Im Fall Irland waren es die CDS-Märkte, die losgelöst von Fakten den Status Quo der Kapitalmarktunfähigkeit zementierten. Derzeit erscheint es bei Spanien und Italien ähnlich. Der CDS-Markt ist ein unregulierter Markt bestimmt von dem Oligopol der Bankenaristokratie, der die Bepreisung des Polypols des regulierten Staatsanleihemarkts dominiert.

Da kann die EZB am Staatsanleihemarkt aggressiv kaufen. Der Derivate Markt bestimmt den Takt.

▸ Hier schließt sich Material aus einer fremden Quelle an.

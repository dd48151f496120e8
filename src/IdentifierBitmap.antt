-- ===== src/IdentifierBitmap.antt =====
-- src/identifierbitmap.c and .h: a set of identifiers below a bound. A slot, an `unsigned long`, is
-- the list of its 64 bits, the lowest first. An identifier, an `int`, is the number that its 32 bits
-- are. The result `none` is a failed CHECK, or a read behind the last slot.
pub mod Slots
pub mod Allocating
pub mod Releasing
mod Tests
use rsplib.Base.{
  ℕ, zero, suc, ◌+◌, ◌-◌, ◌*◌, ◌/◌, ◌%◌, ◌^◌, List, [], ◌∷◌, Option, none, some, Bool, true, false,
  ◌&&◌, ltb, if◌then◌else◌, get_or, set, replicate,
}

abbrev pub slotsize : ℕ
slotsize = 64

pub record IdentifierBitmap : Type 0 where
  pub entries : ℕ
  pub available : ℕ
  pub bitmap : List (List Bool)

-- identifierBitmapNew, when malloc succeeds. One slot more than `Slots` is allocated.
unfoldable pub new : ℕ → IdentifierBitmap
new entries =
    let slots = (entries + (slotsize - entries % slotsize)) / slotsize in
    record {
      entries = entries;
      available = entries;
      bitmap = replicate (slots + 1) (replicate slotsize false);
    }

-- The test `a < b` of two `int`, by their 32 bits in two's complement; of a `size_t`, `(int)b` takes
-- the 32 lowest. Adding 2 ^ 31 turns the order of the `int` into that of the numbers.
unfoldable pub int_less : ℕ → ℕ → Bool
int_less a b = ltb ((a + 2 ^ 31) % 2 ^ 32) ((b + 2 ^ 31) % 2 ^ 32)

-- The test `slot == ~((size_t)0)`
abbrev pub all_set : List Bool → Bool
all_set [] = true
all_set (b ∷ bs) = b && all_set bs

-- The first loop of identifierBitmapAllocateID: the number and the bits of the slot.
unfoldable pub first_slot : List (List Bool) → Option (ℕ × List Bool)
first_slot [] = none
first_slot (s ∷ ss) =
    let rest = first_slot ss in
    if all_set s
    then elim rest [ none ↦ none | some (i, bits) ↦ some (suc i, bits) ]
    else some (0, s)

-- The second loop: `id` counts with the bits, and the result is how many bits it passes.
unfoldable pub passed_bits : (entries id : ℕ) → List Bool → ℕ
unfolding int_less
passed_bits entries id [] = 0
passed_bits entries id (b ∷ bs) =
    let rest = passed_bits entries ((id + 1) % 2 ^ 32) bs in
    if int_less id entries && b then suc rest else 0

-- Whether a bit is set, and the slots with a bit set or cleared
abbrev pub is_set : IdentifierBitmap → (i j : ℕ) → Bool
is_set m i j = get_or (get_or m.bitmap i []) j false

abbrev pub with_bit : (i j : ℕ) → Bool → List (List Bool) → List (List Bool)
with_bit i j b slots = set slots i (set (get_or slots i []) j b)

-- The end of identifierBitmapAllocateID, from the CHECK on.
unfoldable pub take_id : IdentifierBitmap → (i j : ℕ) → Option (Option ℕ × IdentifierBitmap)
unfolding int_less
take_id m i j =
    if int_less (i * slotsize + j) m.entries
    then some (
      some ((i * slotsize + j) % 2 ^ 32),
      record m { bitmap = with_bit i j true m.bitmap; available = m.available - 1 },
    )
    else none

-- identifierBitmapAllocateID: the result -1 is `some (none, ...)`.
unfoldable pub allocate_id : IdentifierBitmap → Option (Option ℕ × IdentifierBitmap)
unfolding first_slot passed_bits take_id
allocate_id m =
    if ltb 0 m.available
    then elim (first_slot m.bitmap) [
      | none ↦ none
      | some (i, bits) ↦ take_id m i (passed_bits m.entries (i * slotsize % 2 ^ 32) bits)
    ]
    else some (none, m)

-- identifierBitmapAllocateSpecificID. An identifier from 2 ^ 31 on is a negative `int`. The counter is decremented as a `size_t`.
unfoldable pub allocate_specific_id : IdentifierBitmap → ℕ → Option (Option ℕ × IdentifierBitmap)
unfolding int_less
allocate_specific_id m id =
    if ltb id (2 ^ 31) && int_less id m.entries
    then (if is_set m (id / slotsize) (id % slotsize)
        then some (none, m)
        else some (
          some id,
          record m {
            bitmap = with_bit (id / slotsize) (id % slotsize) true m.bitmap;
            available = (m.available + 2 ^ 64 - 1) % 2 ^ 64;
          },
        ))
    else none

-- identifierBitmapFreeID
unfoldable pub free_id : IdentifierBitmap → ℕ → Option IdentifierBitmap
unfolding int_less
free_id m id =
    if ltb id (2 ^ 31) && int_less id m.entries && is_set m (id / slotsize) (id % slotsize)
    then some (record m {
      bitmap = with_bit (id / slotsize) (id % slotsize) false m.bitmap;
      available = (m.available + 1) % 2 ^ 64;
    })
    else none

Dort habe ich Hebeleffekte. Es ist ein Spiel wie unregulierte Champions League gegen national regulierte Regionalliga.

Da kann jede Großbank oder Hedge Fund mit Mrd. Beträgen und aggressiven Spieltrieb antreten und entsprechend Wirkung erzielen.

Die Kunden der Bankenaristokratie sind Hedge Funds und andere aggressive Spieler am Markt. Die Entscheidung der Deutschen Bank sich vor der jüngsten Zuspitzung von 8 Mrd. italienischer Staatsanleihen zu trennen, nehmen wir vor diesem Hintergrund interessiert zur Kenntnis. Einen Fall Spaniens und Italiens in die Kapitalmarktunfähigkeit überforderte das aktuelle EFSF/ESM System.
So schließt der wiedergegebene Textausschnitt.